Question

Construct the composition table for ${ \times _{\text{6}}}$on the set S = {0, 1, 2, 3, 4, 5}

Answer 1

To construct the composition table for ${ \times _{\text{6}}}$ on the given set S, we should first understand how a composition table is defined and how it is constructed. In a composition table on a set with 6 elements as given above, if the product of numbers is equal to or less than five, we write the value and if it is above we write the remainder of the product divided by 6.
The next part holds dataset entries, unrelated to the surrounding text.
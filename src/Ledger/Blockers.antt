-- ===== src/Ledger/Blockers.antt =====
-- The blocker of a task that the end of its run blocks (`acceptWorkerCompletion` and
-- `mapRunOutcomeToTaskPatch` of server/contracts.ts).
use velarix_bot.Prelude.{
  String, true, Option, some, ◌≡◌, refl, arith, truthy, trim, truthy-trim, get_or_else, inl, inr,
  Option-cases,
}
use velarix_bot.Tasks.Task.{
  AgentTask, has_ids, is_blocked, coerce_task_state, normal_form, normalize_agent_task,
}
use velarix_bot.Tasks.Task as Task
use velarix_bot.Ledger.Contracts.{
  RunFailureCode, Outcome, Blocker, code_text, structured_blocker_fields, WorkerOutcome,
  WorkerCompletion, SealedRunResult, accepted, accept_worker_completion,
  map_run_outcome_to_task_patch, failed_patch,
}
use velarix_bot.Ledger.Report.{failure_code_of}
use velarix_bot.Ledger.Outcomes.{task_patch}

code_text-full : (c : RunFailureCode) → truthy (trim (code_text c)) ≡ true
unfolding trim
code_text-full RunFailureCode.interrupted = refl
code_text-full RunFailureCode.cancelled = refl
code_text-full RunFailureCode.provider_error = refl
code_text-full RunFailureCode.auth = refl
code_text-full RunFailureCode.config = refl
code_text-full RunFailureCode.quota = refl

structured-full :
    (blocker owner next : Option String) (b : Blocker)
    → structured_blocker_fields blocker owner next ≡ some b
    → truthy (trim b.blocker) ≡ true
unfolding structured_blocker_fields
structured-full blocker owner next b e = ground (arith, truthy-trim (get_or_else blocker ""))

failed-full :
    (text : String) (c : RunFailureCode) (blocker owner next : Option String)
    → let patch = failed_patch text (some c) (structured_blocker_fields blocker owner next) in
      (patch.state ≡ Task.blocked) × (truthy (trim (get_or_else patch.blocker "")) ≡ true)
unfolding failed_patch
failed-full text c blocker owner next =
    elim (Option-cases (structured_blocker_fields blocker owner next)) [
      | inl e ↦ rw e (refl, code_text-full c)
      | inr (b, e) ↦ rw e (refl, structured-full blocker owner next b e)
    ]

failed_shape :
    (input : WorkerCompletion) (result : SealedRunResult)
    → accept_worker_completion input ≡ accepted result
    → result.outcome ≡ Outcome.failed
    → result.blocker ≡ structured_blocker_fields input.blocker input.blocker_owner input.next_action
unfolding accept_worker_completion
failed_shape input result e h = go input.outcome refl
  where
    go :
        (o : WorkerOutcome)
        → input.outcome ≡ o
        → result.blocker
          ≡ structured_blocker_fields input.blocker input.blocker_owner input.next_action
    go WorkerOutcome.completed q = absurd (ground arith)
    go WorkerOutcome.blocked q = ground arith
    go WorkerOutcome.failed q = ground arith
    go WorkerOutcome.interrupted q = absurd (ground arith)
    go WorkerOutcome.partial q = absurd (ground arith)

failed_code :
    (result : SealedRunResult)
    → result.outcome ≡ Outcome.failed
    → (c : RunFailureCode) × (failure_code_of result ≡ some c)
unfolding failure_code_of
failed_code result h = elim (Option-cases result.failure_code) [
  | inl e ↦ (RunFailureCode.provider_error, ground arith)
  | inr (c, e) ↦ (c, ground arith)
]

mapped-full :
    (o : Outcome) (text : String) (code : Option RunFailureCode) (c : RunFailureCode)
    (b : Option Blocker) (blocker owner next : Option String)
    → o ≡ Outcome.failed
    → code ≡ some c
    → b ≡ structured_blocker_fields blocker owner next
    → is_blocked (map_run_outcome_to_task_patch o text code b).state ≡ true
    → truthy (trim (get_or_else (map_run_outcome_to_task_patch o text code b).blocker "")) ≡ true
unfolding map_run_outcome_to_task_patch
mapped-full o text code c b blocker owner next e q p h =
    ground (arith, failed-full (trim text) c blocker owner next)

blocked_outcome :
    (o : Outcome) (text : String) (code : Option RunFailureCode) (b : Option Blocker)
    → is_blocked (map_run_outcome_to_task_patch o text code b).state ≡ true
    → o ≡ Outcome.failed
unfolding map_run_outcome_to_task_patch
blocked_outcome o text code b h = ground arith

-- The patch blocks the task only with a blocker that is not blank.
pub patch_blocker :
    (input : WorkerCompletion) (result : SealedRunResult)
    → accept_worker_completion input ≡ accepted result
    → is_blocked (task_patch result).state ≡ true
    → truthy (trim (get_or_else (task_patch result).blocker "")) ≡ true
patch_blocker input result e h =
    let o = blocked_outcome result.outcome result.text (failure_code_of result) result.blocker h in
    let (c, code) = failed_code result o in
    let shape = failed_shape input result e o in
    mapped-full result.outcome result.text (failure_code_of result) c result.blocker input.blocker
      input.blocker_owner input.next_action o code shape h
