-- ===== src/Ledger/Calls.antt =====
-- The calls of the ledger's clients as values, and a run of them (the repository that
-- `createAgentTaskRunsRepository` of server/repositories/agent-task-runs.ts returns).
use velarix_bot.Prelude.{ℕ, String, List, [], ◌∷◌, Option}
use velarix_bot.Ledger.Rows.{DeliveryFailureCode, Ledger}
use velarix_bot.Ledger.Canonical.{Node}
use velarix_bot.Ledger.Runs.{
  RunCreateInput, RunBoundIdentity, create_pending, bind_running, record_progress,
}
use velarix_bot.Ledger.Report.{FinalizeInput}
use velarix_bot.Ledger.Finalize.{finalize}
use velarix_bot.Ledger.Deliveries.{claim}
use velarix_bot.Ledger.Receipts.{Messages, ack, fail_delivery, retry_failed, mark_published}

pub data Call : Type 0 where
  creates : RunCreateInput → String → ℕ → Call
  binds : RunBoundIdentity → String → String → String → ℕ → Call
  progresses : RunBoundIdentity → String → ℕ → Call
  finalizes : FinalizeInput → Call
  claims : Option String → String → String → Option ℕ → ℕ → Call
  acks : Messages → String → String → ℕ → Call
  fails : String → String → DeliveryFailureCode → ℕ → Call
  retries : String → ℕ → Call
  publishes : Messages → String → ℕ → Call

unfoldable pub step : Node → Ledger → Call → Ledger
unfolding create_pending bind_running record_progress finalize claim ack fail_delivery retry_failed
    mark_published
step node l (creates input new_id now) = (create_pending input new_id now l).0
step node l (binds identity turn instance model now) =
    (bind_running identity turn instance model now l).0
step node l (progresses identity json now) = (record_progress identity json now l).0
step node l (finalizes input) = (finalize node input l).0
step node l (claims id token owner lease_ms now) = (claim id token owner lease_ms now l).0
step node l (acks messages id token now) = (ack messages id token now l).0
step node l (fails id token code now) = (fail_delivery id token code now l).0
step node l (retries id now) = (retry_failed id now l).0
step node l (publishes messages id now) = (mark_published messages id now l).0

unfoldable pub run : Node → Ledger → List Call → Ledger
unfolding step
run node l [] = l
run node l (c ∷ cs) = run node (step node l c) cs
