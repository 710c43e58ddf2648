-- ===== src/Ledger/Retries.antt =====
-- What claims, retries and publications write (server/repositories/agent-task-runs.ts).
use velarix_bot.Prelude.{
  ℕ, ◌≤◌, String, Bool, true, false, not, Option, none, some, any, leb, is_some, if◌then◌else◌,
  get_or_else, ◌&&◌, ◌≡◌, refl, arith, inl, inr, Option-cases, Bool-cases,
}
use velarix_bot.Prelude.Dict.{get, set}
use velarix_bot.Ledger.Rows.{DeliveryState, Delivery, Ledger, claimed}
use velarix_bot.Ledger.Deliveries.{
  is_delivered, is_failed, is_claimable, claimed_row, take_claim, claim, candidate, is_sealed_run,
  max, claims_collide, reclaim, new_claim, default_claim_lease_ms,
}
use velarix_bot.Ledger.Receipts.{Messages, retry_failed, mark_published, is_committed}
use velarix_bot.Ledger.Schema.{Accepted, legal_transition, is_terminal, row_ok, stays_legal}
use velarix_bot.Ledger.Writes.{Writes, put_if, open_update, legal-failed, failed-open}

abbrev retried_row : Delivery → ℕ → Delivery
retried_row d now = record d {
  state = DeliveryState.pending;
  retry_at = some now;
  failure_code = none;
  claim_token = none;
  claim_owner = none;
  claim_lease_expires_at = none;
  updated_at = now;
}

retry_effect :
    (id : String) (now : ℕ) (l : Ledger) (d : Delivery)
    → get id l.deliveries ≡ some d
    → (retry_failed id now l).0.deliveries ≡ (
        if is_failed d.state && leb d.updated_at now
        then set id (retried_row d now) l.deliveries
        else l.deliveries)
unfolding retry_failed
retry_effect id now l d e = ground arith

retried-Accepted :
    (d : Delivery) (now : ℕ)
    → (is_failed d.state && leb d.updated_at now) ≡ true
    → Accepted d (retried_row d now)
retried-Accepted d now h =
    open_update d (retried_row d now) (failed-open d.state (ground arith))
      (legal-failed d.state (ground arith)) refl (ground arith)

retried-row_ok :
    (d : Delivery) (now : ℕ)
    → (is_failed d.state && leb d.updated_at now) ≡ true
    → row_ok d ≡ true
    → row_ok (retried_row d now) ≡ true
unfolding row_ok
retried-row_ok d now h ok = ground arith

pub retry_failed-Writes :
    (id : String) (now : ℕ) (l : Ledger) → Writes l.deliveries (retry_failed id now l).0.deliveries
unfolding retry_failed
retry_failed-Writes id now l = elim (Option-cases (get id l.deliveries)) [
  | inl e ↦ inl (rw (e, retry_failed) refl)
  | inr (d, e) ↦ rw (retry_effect id now l d e) (
      put_if (is_failed d.state && leb d.updated_at now) id d (retried_row d now) l.deliveries e
        (retried-Accepted d now) (retried-row_ok d now))
]

abbrev published_row : Delivery → ℕ → Delivery
published_row d now = record d { published_at = some now; updated_at = max d.updated_at now }

publishes : Messages → Delivery → Bool
publishes messages d =
    is_delivered d.state && (not (is_some d.published_at) && is_committed messages d)

publish_effect :
    (messages : Messages) (id : String) (now : ℕ) (l : Ledger) (d : Delivery)
    → get id l.deliveries ≡ some d
    → (mark_published messages id now l).0.deliveries
      ≡ (if publishes messages d then set id (published_row d now) l.deliveries else l.deliveries)
unfolding mark_published publishes
publish_effect messages id now l d e = ground arith

publishes-delivered :
    (messages : Messages) (d : Delivery) → publishes messages d ≡ true → is_delivered d.state ≡ true
unfolding publishes
publishes-delivered messages d h = ground arith

published-Accepted : (d : Delivery) (now : ℕ) → Accepted d (published_row d now)
published-Accepted d now = record {
  transition = stays_legal d.state;
  identity = refl;
  receipt_code = λ _. refl;
  receipt_time = λ _. refl;
  time = ground arith;
}

published-row_ok :
    (d : Delivery) (now : ℕ)
    → is_delivered d.state ≡ true
    → row_ok d ≡ true
    → row_ok (published_row d now) ≡ true
unfolding row_ok
published-row_ok d now h ok = ground arith

pub mark_published-Writes :
    (messages : Messages) (id : String) (now : ℕ) (l : Ledger)
    → Writes l.deliveries (mark_published messages id now l).0.deliveries
unfolding mark_published
mark_published-Writes messages id now l = elim (Option-cases (get id l.deliveries)) [
  | inl e ↦ inl (rw (e, mark_published) refl)
  | inr (d, e) ↦ rw (publish_effect messages id now l d e) (
      put_if (publishes messages d) id d (published_row d now) l.deliveries e
        (λ _. published-Accepted d now)
        (λ h ok. published-row_ok d now (publishes-delivered messages d h) ok))
]

claims_through : Delivery → Delivery → String → String → ℕ → ℕ → Ledger → Bool
claims_through d stored token owner lease_ms now l =
    is_claimable now stored
    && (leb stored.updated_at now
        && not (any (claims_collide (new_claim d token owner lease_ms now)) (reclaim d l.claims)))

claim_effect :
    (d : Delivery) (token owner : String) (lease_ms now : ℕ) (l : Ledger) (stored : Delivery)
    → get d.id l.deliveries ≡ some stored
    → (take_claim d token owner lease_ms now l).0.deliveries ≡ (
        if claims_through d stored token owner lease_ms now l
        then set d.id (claimed_row stored d token owner lease_ms now) l.deliveries
        else l.deliveries)
unfolding take_claim claims_through
claim_effect d token owner lease_ms now l stored e = ground arith

claims-legal :
    (d stored : Delivery) (token owner : String) (lease_ms now : ℕ) (l : Ledger)
    → claims_through d stored token owner lease_ms now l ≡ true
    → (legal_transition stored.state claimed ≡ true)
      × (is_terminal stored.state ≡ false)
      × (stored.updated_at ≤ now)
      × ((row_ok stored ≡ true) → is_some stored.delivered_at ≡ false)
unfolding claims_through is_claimable row_ok
claims-legal d stored token owner lease_ms now l h = ground arith

claimed-row_ok :
    (stored d : Delivery) (token owner : String) (lease_ms now : ℕ)
    → is_some stored.delivered_at ≡ false
    → row_ok (claimed_row stored d token owner lease_ms now) ≡ true
unfolding row_ok
claimed-row_ok stored d token owner lease_ms now h = ground arith

take_claim-Writes :
    (d : Delivery) (token owner : String) (lease_ms now : ℕ) (l : Ledger)
    → Writes l.deliveries (take_claim d token owner lease_ms now l).0.deliveries
unfolding take_claim
take_claim-Writes d token owner lease_ms now l = elim (Option-cases (get d.id l.deliveries)) [
  | inl e ↦ inl (rw (e, take_claim) refl)
  | inr (stored, e) ↦
      let next = claimed_row stored d token owner lease_ms now in
      rw (claim_effect d token owner lease_ms now l stored e) (
        put_if (claims_through d stored token owner lease_ms now l) d.id stored next l.deliveries e
          (λ h.
            let (legal, receipt, le, ok) = claims-legal d stored token owner lease_ms now l h in
            open_update stored next receipt legal refl le)
          (λ h ok.
            claimed-row_ok stored d token owner lease_ms now
              ((claims-legal d stored token owner lease_ms now l h).3 ok)))
]

pub claim-Writes :
    (id : Option String) (token owner : String) (lease_ms : Option ℕ) (now : ℕ) (l : Ledger)
    → Writes l.deliveries (claim id token owner lease_ms now l).0.deliveries
unfolding claim
claim-Writes id token owner lease_ms now l = elim (Option-cases (candidate id now l.deliveries)) [
  | inl e ↦ inl (rw (e, claim) refl)
  | inr (d, e) ↦ elim (Bool-cases (is_sealed_run (get d.run_id l.runs))) [
    | inl q ↦
        rw (e, claim, q)
          (take_claim-Writes d token owner (get_or_else lease_ms default_claim_lease_ms) now l)
    | inr q ↦ inl (rw (e, claim, q) refl)
  ]
]
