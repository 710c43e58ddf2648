-- ===== src/Ledger/Kept.antt =====
-- What stays in the ledger over its calls (server/repositories/agent-task-runs.ts, server/db/migrations.ts).
use velarix_bot.Prelude.{
  ℕ, String, Bool, true, false, not, none, some, List, [], ◌∷◌, if◌then◌else◌, ◌&&◌, ltb, ◌===◌,
  ===_iff, ◌≡◌, refl, sym, subst, arith, inl, inr, Option-cases, Bool-cases, All,
}
use velarix_bot.Prelude.Dict.{Dict, get, set, get-set, AllValues, set-AllValues, get-AllValues}
use velarix_bot.Ledger.Contracts.{
  SealedRunResult, Acceptance, rejected, accepted, accept_worker_completion,
}
use velarix_bot.Ledger.Canonical.{Node, sealed_result_bytes, sha256_canonical}
use velarix_bot.Ledger.Rows.{Delivery, Run, Ledger}
use velarix_bot.Ledger.Runs.{
  RunCreateInput, RunBoundIdentity, create_pending, bind_running, record_progress, is_running,
  identity_matches,
}
use velarix_bot.Ledger.Report.{FinalizeInput, new_delivery, deliveries_of}
use velarix_bot.Ledger.Finalize.{
  insert_deliveries, seal, asserts_other, is_bound, finalize_accepted, finalize,
}
use velarix_bot.Ledger.Calls.{
  Call, creates, binds, progresses, finalizes, claims, acks, fails, retries, publishes, step, run,
}
use velarix_bot.Ledger.Schema.{Accepted, Accepted-refl, row_ok}
use velarix_bot.Ledger.Writes.{Put, Writes}
use velarix_bot.Ledger.Attempts.{ack-Writes, fail_delivery-Writes}
use velarix_bot.Ledger.Retries.{claim-Writes, retry_failed-Writes, mark_published-Writes}

unfoldable pub Ok : Delivery → Type 0
unfolding row_ok
Ok d = row_ok d ≡ true

-- Both halves of what one call does to the table: rows stay and change as the triggers allow, and the
-- checks of the table hold again.
pub record Kept (rows rows' : Dict Delivery) : Type 0 where
  pub rows_stay :
      (id : String) (d : Delivery)
      → get id rows ≡ some d
      → (d' : Delivery) × (get id rows' ≡ some d') × Accepted d d'
  pub rows_ok : AllValues Ok rows → AllValues Ok rows'

Kept-refl : (rows : Dict Delivery) → Kept rows rows
Kept-refl rows = record { rows_stay = λ id d e. (d, e, Accepted-refl d); rows_ok = λ h. h }

put_stays :
    (p : String) (old new : Delivery) (rows : Dict Delivery)
    → get p rows ≡ some old
    → Accepted old new
    → (id : String) (d : Delivery) → get id rows ≡ some d
    → (d' : Delivery) × (get id (set p new rows) ≡ some d') × Accepted d d'
put_stays p old new rows stored acc id d e = elim (Bool-cases (p === id)) [
  | inl q ↦
      let same : old ≡ d = grind (arith, ===_iff p id) in
      (new, grind (arith, get-set, ===_iff), subst (λ x. Accepted x new) same acc)
  | inr q ↦ (d, grind (arith, get-set), Accepted-refl d)
]

Put-Kept : (rows rows' : Dict Delivery) → Put rows rows' → Kept rows rows'
unfolding Ok
Put-Kept rows rows' p =
    subst (λ x. Kept rows x) (sym p.result)
      (record {
        rows_stay = put_stays p.id p.old p.new rows p.stored p.accepted;
        rows_ok = λ h.
            set-AllValues Ok p.id p.new rows
              (p.keeps_ok (get-AllValues Ok p.id rows p.old h p.stored)) h;
      })

Writes-Kept : (rows rows' : Dict Delivery) → Writes rows rows' → Kept rows rows'
Writes-Kept rows rows' (inl e) = subst (λ x. Kept rows x) (sym e) (Kept-refl rows)
Writes-Kept rows rows' (inr p) = Put-Kept rows rows' p

Kept-trans :
    (a b c : Dict Delivery)
    → ((id : String) (d : Delivery) → get id a ≡ some d → get id b ≡ some d)
    → (AllValues Ok a → AllValues Ok b)
    → Kept b c
    → Kept a c
Kept-trans a b c stays ok k = record {
  rows_stay = λ id d e. k.rows_stay id d (stays id d e);
  rows_ok = λ h. k.rows_ok (ok h);
}

insert_first :
    (d : Delivery) (ds : List Delivery) (rows rows' : Dict Delivery)
    → insert_deliveries (d ∷ ds) rows ≡ some rows'
    → (get d.id rows ≡ none) × (insert_deliveries ds (set d.id d rows) ≡ some rows')
unfolding insert_deliveries
insert_first d ds rows rows' e = ground arith

set-new :
    (k : String) (v : Delivery) (rows : Dict Delivery)
    → get k rows ≡ none
    → (id : String) (d : Delivery) → get id rows ≡ some d
    → get id (set k v rows) ≡ some d
set-new k v rows free id d e = grind (arith, get-set, ===_iff)

insert-Kept :
    (ds : List Delivery) (rows rows' : Dict Delivery)
    → All Ok ds
    → insert_deliveries ds rows ≡ some rows'
    → Kept rows rows'
unfolding insert_deliveries
insert-Kept [] rows rows' h e =
    let same : rows ≡ rows' = ground arith in subst (λ x. Kept rows x) same (Kept-refl rows)
insert-Kept (d ∷ ds) rows rows' h e =
    let (free, rest) = insert_first d ds rows rows' e in
    Kept-trans rows (set d.id d rows) rows' (set-new d.id d rows free)
      (set-AllValues Ok d.id d rows h.0) (insert-Kept ds (set d.id d rows) rows' h.1 rest)

new-Ok :
    (node : Node) (input : FinalizeInput) (result : SealedRunResult) (r : Run)
    → All Ok (deliveries_of node input result r)
unfolding deliveries_of new_delivery Ok row_ok
new-Ok node input result r = ground arith

seal-Kept :
    (node : Node) (input : FinalizeInput) (result : SealedRunResult) (r : Run) (l : Ledger)
    → Kept l.deliveries (seal node input result r l).0.deliveries
unfolding seal
seal-Kept node input result r l =
    elim (Option-cases (insert_deliveries (deliveries_of node input result r) l.deliveries)) [
      | inl e ↦ rw (e, seal) (Kept-refl l.deliveries)
      | inr (rows, e) ↦
          let kept =
            insert-Kept (deliveries_of node input result r) l.deliveries rows
              (new-Ok node input result r) e in
          elim (Bool-cases (ltb input.now r.updated_at)) [
            | inl q ↦ rw (e, seal, q) (Kept-refl l.deliveries)
            | inr q ↦ rw (e, seal, q) kept
          ]
    ]

unfoldable pub goes_through : FinalizeInput → String → Run → Bool
goes_through input computed r =
    identity_matches r input.identity
    && (not (asserts_other input.asserted_hash computed) && (is_running r.state && is_bound r))

pub finalize_effect :
    (node : Node) (input : FinalizeInput) (result : SealedRunResult) (l : Ledger) (r : Run)
    → get input.identity.run_id l.runs ≡ some r
    → (finalize_accepted node input result l).0 ≡ (
        if goes_through input (sha256_canonical node (sealed_result_bytes result)) r
        then (seal node input result r l).0
        else l)
unfolding finalize_accepted goes_through
finalize_effect node input result l r e = ground arith

if-Kept :
    (b : Bool) (l l' : Ledger)
    → Kept l.deliveries l'.deliveries
    → Kept l.deliveries (if b then l' else l).deliveries
if-Kept true l l' k = k
if-Kept false l l' k = Kept-refl l.deliveries

accepted-Kept :
    (node : Node) (input : FinalizeInput) (result : SealedRunResult) (l : Ledger)
    → Kept l.deliveries (finalize_accepted node input result l).0.deliveries
unfolding finalize_accepted
accepted-Kept node input result l = elim (Option-cases (get input.identity.run_id l.runs)) [
  | inl e ↦ rw (e, finalize_accepted) (Kept-refl l.deliveries)
  | inr (r, e) ↦ rw (finalize_effect node input result l r e) (
      if-Kept (goes_through input (sha256_canonical node (sealed_result_bytes result)) r) l
        (seal node input result r l).0 (seal-Kept node input result r l))
]

acceptance-Kept :
    (node : Node) (input : FinalizeInput) (l : Ledger) (a : Acceptance)
    → accept_worker_completion input.result ≡ a
    → Kept l.deliveries (finalize node input l).0.deliveries
unfolding finalize
acceptance-Kept node input l (rejected code) e = rw (e, finalize) (Kept-refl l.deliveries)
acceptance-Kept node input l (accepted result) e =
    rw (e, finalize) (accepted-Kept node input result l)

finalize-Kept :
    (node : Node) (input : FinalizeInput) (l : Ledger)
    → Kept l.deliveries (finalize node input l).0.deliveries
finalize-Kept node input l =
    acceptance-Kept node input l (accept_worker_completion input.result) refl

-- The calls on runs do not touch the deliveries.
create-deliveries :
    (input : RunCreateInput) (new_id : String) (now : ℕ) (l : Ledger)
    → (create_pending input new_id now l).0.deliveries ≡ l.deliveries
unfolding create_pending
create-deliveries input new_id now l = ground arith

bind-deliveries :
    (identity : RunBoundIdentity) (turn instance model : String) (now : ℕ) (l : Ledger)
    → (bind_running identity turn instance model now l).0.deliveries ≡ l.deliveries
unfolding bind_running
bind-deliveries identity turn instance model now l = ground arith

progress-deliveries :
    (identity : RunBoundIdentity) (json : String) (now : ℕ) (l : Ledger)
    → (record_progress identity json now l).0.deliveries ≡ l.deliveries
unfolding record_progress
progress-deliveries identity json now l = ground arith

step-Kept : (node : Node) (l : Ledger) (c : Call) → Kept l.deliveries (step node l c).deliveries
unfolding step
step-Kept node l (creates input new_id now) =
    rw (create-deliveries input new_id now l) (Kept-refl l.deliveries)
step-Kept node l (binds identity turn instance model now) =
    rw (bind-deliveries identity turn instance model now l) (Kept-refl l.deliveries)
step-Kept node l (progresses identity json now) =
    rw (progress-deliveries identity json now l) (Kept-refl l.deliveries)
step-Kept node l (finalizes input) = finalize-Kept node input l
step-Kept node l (claims id token owner lease_ms now) =
    Writes-Kept _ _ (claim-Writes id token owner lease_ms now l)
step-Kept node l (acks messages id token now) = Writes-Kept _ _ (ack-Writes messages id token now l)
step-Kept node l (fails id token code now) =
    Writes-Kept _ _ (fail_delivery-Writes id token code now l)
step-Kept node l (retries id now) = Writes-Kept _ _ (retry_failed-Writes id now l)
step-Kept node l (publishes messages id now) =
    Writes-Kept _ _ (mark_published-Writes messages id now l)

-- Each call leaves every delivery in place, and changes it as the triggers of the schema let through.
pub step-Accepted :
    (node : Node) (l : Ledger) (c : Call) (id : String) (d : Delivery)
    → get id l.deliveries ≡ some d
    → (d' : Delivery) × (get id (step node l c).deliveries ≡ some d') × Accepted d d'
step-Accepted node l c id d e = (step-Kept node l c).rows_stay id d e

-- Each call keeps the checks of the table: over a run of calls, every delivery that is stored passes
-- them if all did at the start.
pub run-Ok :
    (node : Node) (l : Ledger) (cs : List Call)
    → AllValues Ok l.deliveries
    → AllValues Ok (run node l cs).deliveries
unfolding run
run-Ok node l [] h = h
run-Ok node l (c ∷ cs) h = run-Ok node (step node l c) cs ((step-Kept node l c).rows_ok h)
Complete step by step answer:
Given Data,
Composition table for ${ \times _{\text{6}}}$on the set S = {0, 1, 2, 3, 4, 5}

Now let us consider a and b to be two numbers which belong to the set ‘S’.
Now the composition table for ${ \times _{\text{6}}}$on the set S is defined as:
{\text{a }}{ \times _{\text{6}}}{\text{b = }}\left\\{ {\text{a}}{\text{.b if a}} \leqslant 5 \\\ {\text{Remainder of }}\dfrac{{{\text{a}}{\text{.b}}}}{6}{\text{ if a}}{\text{.b > 5}} \\\ \right\\}

Now we perform this operation on each element of the set with every element of the set itself.
We express it in the form of a 6 × 6 table, with elements from 0 to 6 in the first rows and first column sequentially.
It looks as follows:
{\text{a }}{ \times _{\text{6}}}{\text{b = }}\boxed{\begin{array}{*{20}{c}} {{ \times _{\text{6}}}}&{\left( 0 \right)}&{\left( 1 \right)}&{\left( 2 \right)}&{\left( 3 \right)}&{\left( 4 \right)}&{\left( 5 \right)} \\\ {\left( 0 \right)}&0&0&0&0&0&0 \\\ {\left( 1 \right)}&0&1&2&3&4&5 \\\ {\left( 2 \right)}&0&2&4&0&2&4 \\\ {\left( 3 \right)}&0&3&0&3&0&3 \\\ {\left( 4 \right)}&0&4&2&0&4&2 \\\ {\left( 5 \right)}&0&5&4&3&2&1 \end{array}}
This is called the composition table for ${ \times _{\text{6}}}$on the set S = {0, 1, 2, 3, 4, 5}.

Note: In order to solve this type of problems the key is to know the concept of a composition table for a given set and the procedure to perform it. It can be of different types based on the number of elements in the set and the value of elements in the set. The order of elements mentioned inside the set is to be considered. We perform the calculation for each position of the table and fill it in an order to obtain the final output.